Por una aproximación hacia las tecnologías de la “mala suerte”

 

Conocí a M porque me preguntó si era mío el carro que estaba afuera de su casa, no era mi carro, pero sí somos vecinos, y nos caímos bien. Bien como para aguantar tranquilamente una sesión de siete horas de tatuaje en la axila. Desde que concebí la idea de una telaraña gótica saliendo bajo mi bicep, desde la axila, no me pude resistir. Y M tatúa. 

De eso ya hace un mes. En esos días -todavía ahora, aunque de forma más familiar- recorría la realidad como un sueño. El dolor de la tinta entrando en mi dermis es un sueño del que no puedo despertar; un sueño doloroso que deja como recuerdo un tatuaje. 

Se llegaban a caer objetos durante la sesión, como si poltergeist invisibles atentaran contra el bote de tinta, el regulador de la máquina, el stencil, o cualquier material necesario. Le dije que me parecía sorprendente la cantidad de veces que cayeron objetos durante la noche, y me dijo resignadamente que así era ella, que era torpeza propia. 

Su respuesta me dejó inconforme, porque no era del orden de la impresión que había percibido al ver caer todos esos objetos.
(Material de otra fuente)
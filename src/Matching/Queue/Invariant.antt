-- ===== src/Matching/Queue/Invariant.antt =====
-- What holds of every row of the match queue, and that a worker's round keeps it.
use internship_pilot.Prelude.{
  ℕ, ◌+◌, ◌≡◌, sym, arith, ◌&&◌, Bool, true, Option, none, some, String, str_eq, str_eq_refl,
  eq_iff, ap, subst, is_some, leb, ◌==◌, Bool-cases, Option-cases, inl, inr, ◌∙◌,
}
use mathlib.Core.Option.{some-injective}
use internship_pilot.Database.{Table, Every}
use internship_pilot.Database.Laws.{Every-update_at, update_at_self}
use internship_pilot.Program.{
  Result, ok, err, Failure, ◌>>◌, return, Keeps, Keeps-bind, Keeps-catch, Keeps-each,
}
use internship_pilot.Matching.Queue.{
  state_eq, QueueItem, JobScoring, initial_match_type, Store, update_item, update_job, update_both,
  match_is_taken,
}
use internship_pilot.Matching.Queue.Item.{
  Services, PersistedMatch, is_complete_automatic_match, retired, claimed, is_retryable, is_due,
  hash_is_current, is_earlier,
}
use internship_pilot.Matching.Queue.Worker.{
  recover_one, recover_abandoned, claim, finish, record_failure, accept, score_item, run_claimed,
  claim_and_run, process_owned, process_found, started, score_or_record, process_due, retire,
  origin_of, find_due, process_next,
}
use internship_pilot.Matching.Queue.Sound.{
  IsSound, interrupted-IsSound, retired-IsSound, claimed-IsSound, finished-IsSound, failed-IsSound,
  failed-attempt_count, is_retryable-lt, claimable_of_eq, state_eq_refl,
}

module _ (Q : Table QueueItem) (J : Table JobScoring) where
  abbrev pub AllSound : Store Q J → Type 0
  AllSound s = Every Q (λ k r. IsSound r) s.queue

  -- Every row is sound, and the row under `id` has made this many attempts.
  abbrev OnAttempt : String → ℕ → Store Q J → Type 0
  OnAttempt id n s = Every Q (λ k r. IsSound r × (str_eq k id ≡ true → r.attempt_count ≡ n)) s.queue

  module _ (P : String → QueueItem → Type 0) where
    Keeps-update_item :
        (id : String) (f : QueueItem → QueueItem)
        → ((r : QueueItem) → P id r → P id (f r))
        → Keeps (λ s. Every Q P s.queue) (update_item Q J id f)
    unfolding update_item
    Keeps-update_item id f step s h = elim (Bool-cases (is_some (Q.find_unique id s.queue))) [
      | inl y ↦ rw y (Every-update_at Q P id (λ _. true) f s.queue (λ r _ _. step r) h)
      | inr n ↦ rw n h
    ]

    Keeps-update_both :
        (id : String) (f : QueueItem → QueueItem) (job_id : String) (g : JobScoring → JobScoring)
        → ((r : QueueItem) → P id r → P id (f r))
        → Keeps (λ s. Every Q P s.queue) (update_both Q J id f job_id g)
    unfolding update_both
    Keeps-update_both id f job_id g step s h =
        elim (Bool-cases
          (is_some (Q.find_unique id s.queue) && is_some (J.find_unique job_id s.jobs))) [
            | inl y ↦ rw y (Every-update_at Q P id (λ _. true) f s.queue (λ r _ _. step r) h)
            | inr n ↦ rw n h
          ]

    Keeps-update_job :
        (job_id : String) (g : JobScoring → JobScoring)
        → Keeps (λ s. Every Q P s.queue) (update_job Q J job_id g)
    unfolding update_job
    Keeps-update_job job_id g s h = elim (Bool-cases (is_some (J.find_unique job_id s.jobs))) [
      | inl y ↦ rw y h
      | inr n ↦ rw n h
    ]

  module _ (env : Services) where
    Keeps-recover : (now : ℕ) → Keeps AllSound (recover_abandoned Q J env now)
    unfolding recover_abandoned
    Keeps-recover now s h =
        Keeps-each AllSound (recover_one Q J env now) _
          (λ p. Keeps-update_both (λ k r. IsSound r) p.0 _ _ _ (λ r. interrupted-IsSound now r)) s h

    module _ (id : String) (n : ℕ) where
      Keeps-finish :
          (now : ℕ) (job_id match_id : String)
          → Keeps (OnAttempt id n) (finish Q J env now id job_id match_id)
      unfolding finish
      Keeps-finish now job_id match_id s h = elim (Bool-cases (match_is_taken Q J id match_id s)) [
        | inl y ↦ rw y h
        | inr free ↦ rw free (
            Keeps-update_both (λ k r. IsSound r × (str_eq k id ≡ true → r.attempt_count ≡ n)) id _
              job_id _ (λ r p. (finished-IsSound now match_id r p.0, p.1)) s h)
      ]

      Keeps-failure :
          (now : ℕ) (job_id : String) (e : Failure)
          → Keeps (OnAttempt id n) (record_failure Q J env now id job_id n e)
      unfolding record_failure
      Keeps-failure now job_id e =
          Keeps-update_both (λ k r. IsSound r × (str_eq k id ≡ true → r.attempt_count ≡ n)) id _
            job_id _
            (λ r p.
              let same = p.1 (str_eq_refl id) in
              (
                failed-IsSound now _ (is_retryable e n) _ r (λ y. rw same (is_retryable-lt e n y))
                    p.0,
                λ y. failed-attempt_count now _ (is_retryable e n) _ r ∙ same,
              ))

      Keeps-accept :
          (now : ℕ) (r : QueueItem) (m : Result PersistedMatch)
          → Keeps (OnAttempt id n) (accept Q J env now id r m)
      unfolding accept
      Keeps-accept now r (err e) s h = h
      Keeps-accept now r (ok m) s h =
          elim (Bool-cases
            (is_complete_automatic_match env.valid_json_array m (origin_of Q J env r))) [
              | inl y ↦ rw y (Keeps-finish now r.job_id m.id s h)
              | inr bad ↦ rw bad h
            ]

      Keeps-score_item :
          (now : ℕ) (r : QueueItem) (user : String) (done : Option String)
          → Keeps (OnAttempt id n) (score_item Q J env now id r user done)
      unfolding score_item
      Keeps-score_item now r user none s h = Keeps-accept now r _ s h
      Keeps-score_item now r user (some m) s h =
          elim (Bool-cases (str_eq r.match_type initial_match_type)) [
            | inl y ↦ rw y (Keeps-finish now r.job_id m s h)
            | inr again ↦ rw again (Keeps-accept now r _ s h)
          ]

    Keeps-run_claimed :
        (now : ℕ) (id : String) (r : QueueItem) (user : String)
        → Keeps (OnAttempt id (r.attempt_count + 1)) (run_claimed Q J env now id r user)
    unfolding run_claimed
    Keeps-run_claimed now id r user =
        let n = r.attempt_count + 1 in
        Keeps-bind (OnAttempt id n) (update_job Q J r.job_id (started Q J env now))
          (λ _. score_or_record Q J env now id r user >> return true)
          (Keeps-update_job (λ k q. IsSound q × (str_eq k id ≡ true → q.attempt_count ≡ n)) r.job_id
            (started Q J env now))
          (λ _.
            Keeps-bind (OnAttempt id n) (score_or_record Q J env now id r user) (λ _. return true)
              (Keeps-catch (OnAttempt id n)
                (score_item Q J env now id r user (env.existing_match user r.job_id))
                (record_failure Q J env now id r.job_id n)
                (Keeps-score_item id n now r user (env.existing_match user r.job_id))
                (Keeps-failure id n now r.job_id))
              (λ _ s h. h))

    -- The claim of an item that was just read as due makes its next attempt.
    claim-OnAttempt :
        (now : ℕ) (id : String) (seen : QueueItem) (s : Store Q J)
        → is_due now seen ≡ true
        → Q.find_unique id s.queue ≡ some seen
        → AllSound s
        → OnAttempt id (seen.attempt_count + 1) (claim Q J env now id seen s).1
    unfolding claim
    claim-OnAttempt now id seen s due f h k r e = (sound k r e, attempts)
      where
        fits : QueueItem → Bool
        fits q = state_eq q.state seen.state && leb q.next_attempt_at now

        sound : Every Q (λ k r. IsSound r) (Q.update_at id fits (claimed now) s.queue)
        sound =
            Every-update_at Q (λ k r. IsSound r) id fits (claimed now) s.queue
              (λ q g w i.
                claimed-IsSound now q
                  (claimable_of_eq q.state seen.state (ground arith) (ground arith)) i)
              h

        attempts : str_eq k id ≡ true → r.attempt_count ≡ seen.attempt_count + 1
        attempts same =
            let own : Q.find_unique id (Q.update_at id fits (claimed now) s.queue)
                ≡ some (claimed now seen) =
              update_at_self Q id fits (claimed now) s.queue
              ∙ (rw f (ground (arith, state_eq_refl seen.state))) in
            let at_id =
              subst (λ j. Q.find_unique j (Q.update_at id fits (claimed now) s.queue) ≡ some r)
                ((eq_iff k id).0 same) e in
            ap (λ (q : QueueItem). q.attempt_count) (some-injective _ _ (sym at_id ∙ own))

    claim_and_run-AllSound :
        (now : ℕ) (id : String) (r : QueueItem) (user : String) (s : Store Q J)
        → is_due now r ≡ true
        → Q.find_unique id s.queue ≡ some r
        → AllSound s
        → AllSound (claim_and_run Q J env now id r user s).1
    unfolding claim_and_run claim
    claim_and_run-AllSound now id r user s due f h =
        let after = claim-OnAttempt now id r s due f h in
        elim (Bool-cases (
          Q.count_at id (λ q. state_eq q.state r.state && leb q.next_attempt_at now) s.queue
          == 0)) [
            | inl lost ↦ rw lost (λ k q e. (after k q e).0)
            | inr won ↦ rw won (λ k q e.
                (Keeps-run_claimed now id r user (claim Q J env now id r s).1 after k q e).0)
          ]

    retire-AllSound : (now : ℕ) (id reason : String) → Keeps AllSound (retire Q J env now id reason)
    retire-AllSound now id reason =
        Keeps-bind AllSound (update_item Q J id (retired now reason)) (λ _. return true)
          (Keeps-update_item (λ k r. IsSound r) id _ (λ r. retired-IsSound now reason r))
          (λ _ s h. h)

    process_owned-AllSound :
        (now : ℕ) (id : String) (r : QueueItem) (owner : Option String) (s : Store Q J)
        → is_due now r ≡ true
        → Q.find_unique id s.queue ≡ some r
        → AllSound s
        → AllSound (process_owned Q J env now id r owner s).1
    unfolding process_owned
    process_owned-AllSound now id r none s due f h = retire-AllSound now id _ s h
    process_owned-AllSound now id r (some user) s due f h =
        elim (Bool-cases (str_eq r.match_type initial_match_type)) [
          | inl y ↦ rw y (claim_and_run-AllSound now id r user s due f h)
          | inr other ↦
              rw other
                (elim (Bool-cases
                  (hash_is_current (env.refresh_hash r.match_type) (env.profile_revision user))) [
                    | inl y ↦ rw y (claim_and_run-AllSound now id r user s due f h)
                    | inr stale ↦ rw stale (retire-AllSound now id _ s h)
                  ])
        ]

    process_due-AllSound : (now : ℕ) → Keeps AllSound (process_due Q J env now)
    unfolding process_due find_due process_found
    process_due-AllSound now s h =
        elim (Option-cases (Q.find_first (λ k r. is_due now r) is_earlier s.queue)) [
          | inl idle ↦ rw (idle, process_due, find_due) h
          | inr (p, e) ↦
              let (f, due) = Q.find_first_sound _ is_earlier s.queue p.0 p.1 e in
              rw (e, process_due, find_due) (process_owned-AllSound now p.0 p.1 _ s due f h)
        ]

    -- One round of a worker keeps every row of the queue sound, whatever the scorer, the other tables
    -- and the clock give, and whether the round returns or throws. So rounds alone leave no
    -- item with more than three attempts, none running without a lock and none ended without its time;
    -- a retry that a user asks for starts the count again.
    pub process_next-AllSound : (now : ℕ) → Keeps AllSound (process_next Q J env now)
    unfolding process_next
    process_next-AllSound now =
        Keeps-bind AllSound (recover_abandoned Q J env now) (λ _. process_due Q J env now)
          (Keeps-recover now) (λ _. process_due-AllSound now)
La familiaridad de percibir la suma de objetos caídos de inmediato me recordó la cantidad de veces que llegué a tener una resistencia para calentar agua y de manera inexplicable, antes de usarla por primera vez, se inmolaba frente a mis ojos hasta desaparecer, incapaz de brindarme el gusto de bañarme con un poco de agua caliente. Esos tiempos se han extendido, ahora no dependo de la calefacción y me ducho con agua fría incluso ahora que es invierno.

Llegué a tener al menos seis calentadores seguidos, en menos de tres semanas, durante el invierno. En esos días dejaba siempre una llave de agua ligeramente abierta para que no explotaran las tuberías. Saturaba mi cuerpo de lagartijas y calistenia casera hasta que los músculos bombeados se hicieran inmunes al agua helada, y entonces me bañaba. La primera vez que compré el calentador mi gato Botas lo sacó del agua y se desintegró apenas tocó el piso. La segunda ocasión, lo conecté antes de introducirlo y se desvaneció de entre mis dedos. En la tercera, un murciélago entró por mi ventana y pisé la resistencia intentando matarlo: era nueva, todavía estaba en su empaque. Y así, seis historias tristes, a tal grado que percibo que si voy a comprar una resistencia para calentar agua, es porque quiero que se disuelva. Y creo que usar la disolución asegurada de resistencias como un portal puede conjurar cosas de las que valdría la pena tomar nota..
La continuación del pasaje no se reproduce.